START Records supplied
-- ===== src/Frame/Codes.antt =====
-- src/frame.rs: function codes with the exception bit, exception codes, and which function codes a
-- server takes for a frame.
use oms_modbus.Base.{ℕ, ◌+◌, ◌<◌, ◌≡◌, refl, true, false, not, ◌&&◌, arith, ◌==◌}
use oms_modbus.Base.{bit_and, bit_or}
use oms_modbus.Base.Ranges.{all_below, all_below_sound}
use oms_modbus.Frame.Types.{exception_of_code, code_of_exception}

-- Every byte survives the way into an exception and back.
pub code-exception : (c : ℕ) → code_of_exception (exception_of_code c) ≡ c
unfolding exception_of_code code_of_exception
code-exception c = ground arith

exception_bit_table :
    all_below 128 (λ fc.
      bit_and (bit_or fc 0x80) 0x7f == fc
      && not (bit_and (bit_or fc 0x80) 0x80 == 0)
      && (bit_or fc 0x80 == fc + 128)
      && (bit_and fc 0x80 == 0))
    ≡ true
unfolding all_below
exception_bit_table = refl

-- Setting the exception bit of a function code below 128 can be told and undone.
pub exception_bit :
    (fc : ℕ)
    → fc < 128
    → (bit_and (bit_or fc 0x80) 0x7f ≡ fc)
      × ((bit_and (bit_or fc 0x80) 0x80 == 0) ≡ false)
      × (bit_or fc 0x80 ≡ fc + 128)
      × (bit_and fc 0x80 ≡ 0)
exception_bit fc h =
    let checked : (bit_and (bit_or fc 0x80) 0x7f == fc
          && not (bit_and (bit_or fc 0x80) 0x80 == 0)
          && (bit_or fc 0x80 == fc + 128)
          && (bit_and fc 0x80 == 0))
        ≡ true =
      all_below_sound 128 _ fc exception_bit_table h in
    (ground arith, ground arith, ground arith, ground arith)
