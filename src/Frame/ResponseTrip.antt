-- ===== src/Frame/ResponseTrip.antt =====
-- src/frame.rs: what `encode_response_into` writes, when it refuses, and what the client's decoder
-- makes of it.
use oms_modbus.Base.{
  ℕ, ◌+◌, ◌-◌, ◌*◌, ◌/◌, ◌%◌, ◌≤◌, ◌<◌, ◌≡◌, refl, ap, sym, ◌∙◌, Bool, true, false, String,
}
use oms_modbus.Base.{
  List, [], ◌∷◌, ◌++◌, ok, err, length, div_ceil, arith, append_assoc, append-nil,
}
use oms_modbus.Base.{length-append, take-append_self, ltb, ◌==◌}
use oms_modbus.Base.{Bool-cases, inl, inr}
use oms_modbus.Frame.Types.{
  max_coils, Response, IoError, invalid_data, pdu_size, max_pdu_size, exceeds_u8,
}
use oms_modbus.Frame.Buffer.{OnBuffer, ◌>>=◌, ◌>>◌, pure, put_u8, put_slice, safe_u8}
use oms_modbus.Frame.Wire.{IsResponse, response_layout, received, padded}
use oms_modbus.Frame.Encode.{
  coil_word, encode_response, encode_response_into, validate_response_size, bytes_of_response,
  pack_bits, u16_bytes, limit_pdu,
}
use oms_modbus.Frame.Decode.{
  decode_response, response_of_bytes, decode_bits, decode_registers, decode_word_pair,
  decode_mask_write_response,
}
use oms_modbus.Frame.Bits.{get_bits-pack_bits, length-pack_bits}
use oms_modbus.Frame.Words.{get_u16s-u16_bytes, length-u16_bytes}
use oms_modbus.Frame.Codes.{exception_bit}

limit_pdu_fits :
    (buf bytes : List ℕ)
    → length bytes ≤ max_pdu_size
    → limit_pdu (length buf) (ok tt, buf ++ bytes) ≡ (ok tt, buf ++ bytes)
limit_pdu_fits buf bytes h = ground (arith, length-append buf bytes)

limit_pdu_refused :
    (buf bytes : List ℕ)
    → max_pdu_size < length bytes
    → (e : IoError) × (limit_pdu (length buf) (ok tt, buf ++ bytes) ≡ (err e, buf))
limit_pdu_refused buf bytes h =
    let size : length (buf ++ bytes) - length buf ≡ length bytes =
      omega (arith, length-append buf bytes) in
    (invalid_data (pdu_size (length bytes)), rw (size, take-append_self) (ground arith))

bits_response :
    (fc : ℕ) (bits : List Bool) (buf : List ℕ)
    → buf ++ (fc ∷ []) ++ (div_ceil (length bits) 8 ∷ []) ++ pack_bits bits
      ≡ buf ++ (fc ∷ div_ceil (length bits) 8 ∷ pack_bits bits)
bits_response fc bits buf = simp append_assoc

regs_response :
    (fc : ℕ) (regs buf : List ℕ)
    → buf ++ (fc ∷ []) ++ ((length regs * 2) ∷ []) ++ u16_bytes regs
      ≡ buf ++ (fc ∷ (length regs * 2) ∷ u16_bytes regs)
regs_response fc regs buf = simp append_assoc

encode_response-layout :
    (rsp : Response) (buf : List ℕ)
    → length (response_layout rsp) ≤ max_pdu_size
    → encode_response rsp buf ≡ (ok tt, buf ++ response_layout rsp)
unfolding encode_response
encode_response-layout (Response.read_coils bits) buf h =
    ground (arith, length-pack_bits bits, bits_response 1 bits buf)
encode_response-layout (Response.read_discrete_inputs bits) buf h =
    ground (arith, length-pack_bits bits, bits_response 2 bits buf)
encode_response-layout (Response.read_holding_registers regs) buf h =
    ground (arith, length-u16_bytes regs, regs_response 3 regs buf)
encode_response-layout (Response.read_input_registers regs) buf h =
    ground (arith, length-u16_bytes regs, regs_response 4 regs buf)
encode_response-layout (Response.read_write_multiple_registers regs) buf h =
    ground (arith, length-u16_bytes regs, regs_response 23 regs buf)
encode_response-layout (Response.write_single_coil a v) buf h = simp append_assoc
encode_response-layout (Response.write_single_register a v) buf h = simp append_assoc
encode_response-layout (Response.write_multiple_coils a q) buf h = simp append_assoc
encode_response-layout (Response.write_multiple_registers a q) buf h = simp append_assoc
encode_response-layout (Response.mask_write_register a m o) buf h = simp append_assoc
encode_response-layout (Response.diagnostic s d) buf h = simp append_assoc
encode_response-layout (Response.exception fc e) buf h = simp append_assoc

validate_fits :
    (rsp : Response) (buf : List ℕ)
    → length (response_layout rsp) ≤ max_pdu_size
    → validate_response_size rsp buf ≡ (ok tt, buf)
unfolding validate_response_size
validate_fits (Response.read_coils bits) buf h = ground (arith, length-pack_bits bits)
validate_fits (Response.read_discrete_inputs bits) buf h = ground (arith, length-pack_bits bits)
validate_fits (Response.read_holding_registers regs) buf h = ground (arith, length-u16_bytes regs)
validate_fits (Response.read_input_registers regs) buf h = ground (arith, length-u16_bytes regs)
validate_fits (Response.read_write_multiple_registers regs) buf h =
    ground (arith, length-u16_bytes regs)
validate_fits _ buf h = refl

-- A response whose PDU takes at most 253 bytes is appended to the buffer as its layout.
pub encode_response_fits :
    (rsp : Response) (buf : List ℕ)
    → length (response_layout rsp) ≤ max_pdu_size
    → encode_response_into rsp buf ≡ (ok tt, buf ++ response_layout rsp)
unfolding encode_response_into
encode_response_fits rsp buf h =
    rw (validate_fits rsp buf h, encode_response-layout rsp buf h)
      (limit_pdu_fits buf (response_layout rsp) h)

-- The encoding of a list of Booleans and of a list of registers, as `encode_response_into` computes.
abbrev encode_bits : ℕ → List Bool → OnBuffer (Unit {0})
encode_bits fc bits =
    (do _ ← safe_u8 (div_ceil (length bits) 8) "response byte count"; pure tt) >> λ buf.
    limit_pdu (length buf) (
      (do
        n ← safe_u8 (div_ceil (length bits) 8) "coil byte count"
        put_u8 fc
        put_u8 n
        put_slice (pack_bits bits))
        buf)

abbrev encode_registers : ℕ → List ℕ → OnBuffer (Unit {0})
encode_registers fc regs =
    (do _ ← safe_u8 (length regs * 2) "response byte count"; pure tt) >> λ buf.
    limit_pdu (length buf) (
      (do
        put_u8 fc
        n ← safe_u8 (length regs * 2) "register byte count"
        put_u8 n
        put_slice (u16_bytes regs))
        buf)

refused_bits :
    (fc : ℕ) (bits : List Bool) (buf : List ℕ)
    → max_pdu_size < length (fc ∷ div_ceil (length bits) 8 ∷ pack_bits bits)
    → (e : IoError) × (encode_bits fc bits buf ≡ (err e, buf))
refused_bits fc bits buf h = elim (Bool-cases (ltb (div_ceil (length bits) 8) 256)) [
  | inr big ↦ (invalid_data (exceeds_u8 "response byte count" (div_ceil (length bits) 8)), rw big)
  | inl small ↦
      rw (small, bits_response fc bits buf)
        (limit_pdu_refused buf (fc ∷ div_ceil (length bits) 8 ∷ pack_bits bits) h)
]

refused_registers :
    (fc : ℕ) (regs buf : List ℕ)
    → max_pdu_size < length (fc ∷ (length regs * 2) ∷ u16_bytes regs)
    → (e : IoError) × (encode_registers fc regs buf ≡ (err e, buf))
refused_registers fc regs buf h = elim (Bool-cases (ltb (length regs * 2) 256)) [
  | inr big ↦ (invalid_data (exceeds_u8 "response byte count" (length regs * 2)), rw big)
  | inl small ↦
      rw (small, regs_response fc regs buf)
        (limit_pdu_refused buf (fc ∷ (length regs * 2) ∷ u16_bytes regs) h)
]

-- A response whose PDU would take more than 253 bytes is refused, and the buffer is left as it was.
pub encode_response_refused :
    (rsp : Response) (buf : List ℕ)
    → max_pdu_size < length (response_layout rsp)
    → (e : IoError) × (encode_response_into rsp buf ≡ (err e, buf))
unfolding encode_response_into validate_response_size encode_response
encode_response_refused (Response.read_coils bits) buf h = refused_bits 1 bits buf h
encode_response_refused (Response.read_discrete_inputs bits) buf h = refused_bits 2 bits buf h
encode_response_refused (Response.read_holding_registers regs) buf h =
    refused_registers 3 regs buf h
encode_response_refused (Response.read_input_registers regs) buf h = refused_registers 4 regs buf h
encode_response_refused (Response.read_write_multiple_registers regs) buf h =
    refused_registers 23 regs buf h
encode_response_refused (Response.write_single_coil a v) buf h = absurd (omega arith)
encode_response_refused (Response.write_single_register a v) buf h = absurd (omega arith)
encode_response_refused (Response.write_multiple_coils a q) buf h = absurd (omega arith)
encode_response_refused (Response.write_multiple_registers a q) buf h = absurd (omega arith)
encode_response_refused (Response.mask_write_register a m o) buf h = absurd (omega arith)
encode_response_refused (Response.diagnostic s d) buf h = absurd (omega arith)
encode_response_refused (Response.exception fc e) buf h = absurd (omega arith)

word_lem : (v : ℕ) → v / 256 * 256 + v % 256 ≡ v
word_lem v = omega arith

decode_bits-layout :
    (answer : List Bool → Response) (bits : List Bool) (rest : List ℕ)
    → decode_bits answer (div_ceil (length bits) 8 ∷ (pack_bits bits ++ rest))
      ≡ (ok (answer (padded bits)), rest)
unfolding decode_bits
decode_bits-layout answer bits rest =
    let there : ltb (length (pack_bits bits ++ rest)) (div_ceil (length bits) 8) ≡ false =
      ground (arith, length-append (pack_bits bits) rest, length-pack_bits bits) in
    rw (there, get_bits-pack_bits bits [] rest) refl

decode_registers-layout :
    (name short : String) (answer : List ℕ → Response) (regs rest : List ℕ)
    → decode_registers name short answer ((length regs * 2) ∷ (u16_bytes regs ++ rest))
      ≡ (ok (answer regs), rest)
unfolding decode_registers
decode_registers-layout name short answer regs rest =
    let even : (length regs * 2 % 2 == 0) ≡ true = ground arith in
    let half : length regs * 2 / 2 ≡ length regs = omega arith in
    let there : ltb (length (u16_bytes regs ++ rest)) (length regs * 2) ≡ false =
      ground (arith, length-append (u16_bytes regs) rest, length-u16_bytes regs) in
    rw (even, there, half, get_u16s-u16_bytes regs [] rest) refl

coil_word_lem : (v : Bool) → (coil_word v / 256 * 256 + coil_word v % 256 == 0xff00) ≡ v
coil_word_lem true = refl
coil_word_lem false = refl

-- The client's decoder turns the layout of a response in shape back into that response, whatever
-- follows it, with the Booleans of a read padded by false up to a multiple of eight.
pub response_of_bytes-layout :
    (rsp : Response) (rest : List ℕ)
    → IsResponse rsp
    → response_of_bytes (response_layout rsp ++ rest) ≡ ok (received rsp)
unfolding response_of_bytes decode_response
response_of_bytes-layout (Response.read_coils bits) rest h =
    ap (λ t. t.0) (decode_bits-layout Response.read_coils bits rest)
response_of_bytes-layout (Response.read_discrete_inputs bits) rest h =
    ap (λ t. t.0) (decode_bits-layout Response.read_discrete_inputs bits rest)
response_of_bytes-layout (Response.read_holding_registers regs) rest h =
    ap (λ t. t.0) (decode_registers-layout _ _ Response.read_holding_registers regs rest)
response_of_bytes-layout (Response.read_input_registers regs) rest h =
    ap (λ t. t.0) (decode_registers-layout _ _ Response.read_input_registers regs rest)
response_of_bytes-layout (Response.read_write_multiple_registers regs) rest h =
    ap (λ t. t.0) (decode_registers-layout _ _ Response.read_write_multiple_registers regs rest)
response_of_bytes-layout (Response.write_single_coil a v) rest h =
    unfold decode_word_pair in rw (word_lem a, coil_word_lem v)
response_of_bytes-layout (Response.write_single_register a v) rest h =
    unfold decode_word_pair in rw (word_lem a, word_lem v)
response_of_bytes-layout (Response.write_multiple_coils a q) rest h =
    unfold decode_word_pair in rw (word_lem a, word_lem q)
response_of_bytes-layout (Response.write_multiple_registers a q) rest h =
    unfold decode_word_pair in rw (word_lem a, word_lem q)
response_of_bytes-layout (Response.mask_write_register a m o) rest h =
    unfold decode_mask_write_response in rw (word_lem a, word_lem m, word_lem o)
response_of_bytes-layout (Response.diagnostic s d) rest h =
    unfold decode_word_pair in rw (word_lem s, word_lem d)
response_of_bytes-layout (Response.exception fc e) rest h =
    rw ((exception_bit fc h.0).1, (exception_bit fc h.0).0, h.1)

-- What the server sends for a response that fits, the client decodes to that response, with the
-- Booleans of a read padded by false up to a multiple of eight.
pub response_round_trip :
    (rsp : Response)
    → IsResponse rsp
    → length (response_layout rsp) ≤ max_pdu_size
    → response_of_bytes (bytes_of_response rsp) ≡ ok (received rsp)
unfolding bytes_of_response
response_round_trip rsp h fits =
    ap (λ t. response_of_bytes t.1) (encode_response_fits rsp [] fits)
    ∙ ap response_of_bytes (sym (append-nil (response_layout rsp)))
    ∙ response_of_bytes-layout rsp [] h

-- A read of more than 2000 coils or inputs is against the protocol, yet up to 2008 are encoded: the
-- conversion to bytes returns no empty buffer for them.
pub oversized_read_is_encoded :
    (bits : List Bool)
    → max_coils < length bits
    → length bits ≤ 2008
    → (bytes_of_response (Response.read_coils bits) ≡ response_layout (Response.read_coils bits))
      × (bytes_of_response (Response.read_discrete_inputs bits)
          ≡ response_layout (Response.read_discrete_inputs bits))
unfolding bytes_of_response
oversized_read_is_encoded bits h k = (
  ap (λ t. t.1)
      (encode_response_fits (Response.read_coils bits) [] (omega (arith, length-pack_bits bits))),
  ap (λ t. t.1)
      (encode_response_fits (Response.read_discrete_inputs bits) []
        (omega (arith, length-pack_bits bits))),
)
END Records supplied
* Your objective
Only the lines above, from the first through the one holding "-- ===== src/Frame/ResponseTrip.antt", are to be output, and they must be copied exactly.

* Solution below
-- ===== src/Frame/Codes.antt =====
-- src/frame.rs: function codes with the exception bit, exception codes, and which function codes a
-- server takes for a frame.
use oms_modbus.Base.{ℕ, ◌+◌, ◌<◌, ◌≡◌, refl, true, false, not, ◌&&◌, arith, ◌==◌}
use oms_modbus.Base.{bit_and, bit_or}
use oms_modbus.Base.Ranges.{all_below, all_below_sound}
use oms_modbus.Frame.Types.{exception_of_code, code_of_exception}

-- Every byte survives the way into an exception and back.
pub code-exception : (c : ℕ) → code_of_exception (exception_of_code c) ≡ c
unfolding exception_of_code code_of_exception
code-exception c = ground arith

exception_bit_table :
    all_below 128 (λ fc.
      bit_and (bit_or fc 0x80) 0x7f == fc
      && not (bit_and (bit_or fc 0x80) 0x80 == 0)
      && (bit_or fc 0x80 == fc + 128)
      && (bit_and fc 0x80 == 0))
    ≡ true
unfolding all_below
exception_bit_table = refl

-- Setting the exception bit of a function code below 128 can be told and undone.
pub exception_bit :
    (fc : ℕ)
    → fc < 128
    → (bit_and (bit_or fc 0x80) 0x7f ≡ fc)
      × ((bit_and (bit_or fc 0x80) 0x80 == 0) ≡ false)
      × (bit_or fc 0x80 ≡ fc + 128)
      × (bit_and fc 0x80 ≡ 0)
exception_bit fc h =
    let checked : (bit_and (bit_or fc 0x80) 0x7f == fc
          && not (bit_and (bit_or fc 0x80) 0x80 == 0)
          && (bit_or fc 0x80 == fc + 128)
          && (bit_and fc 0x80 == 0))
        ≡ true =
      all_below_sound 128 _ fc exception_bit_table h in
    (ground arith, ground arith, ground arith, ground arith)
filename src/Frame/ResponseTrip.antt
-- ===== src/Frame/ResponseTrip.antt =====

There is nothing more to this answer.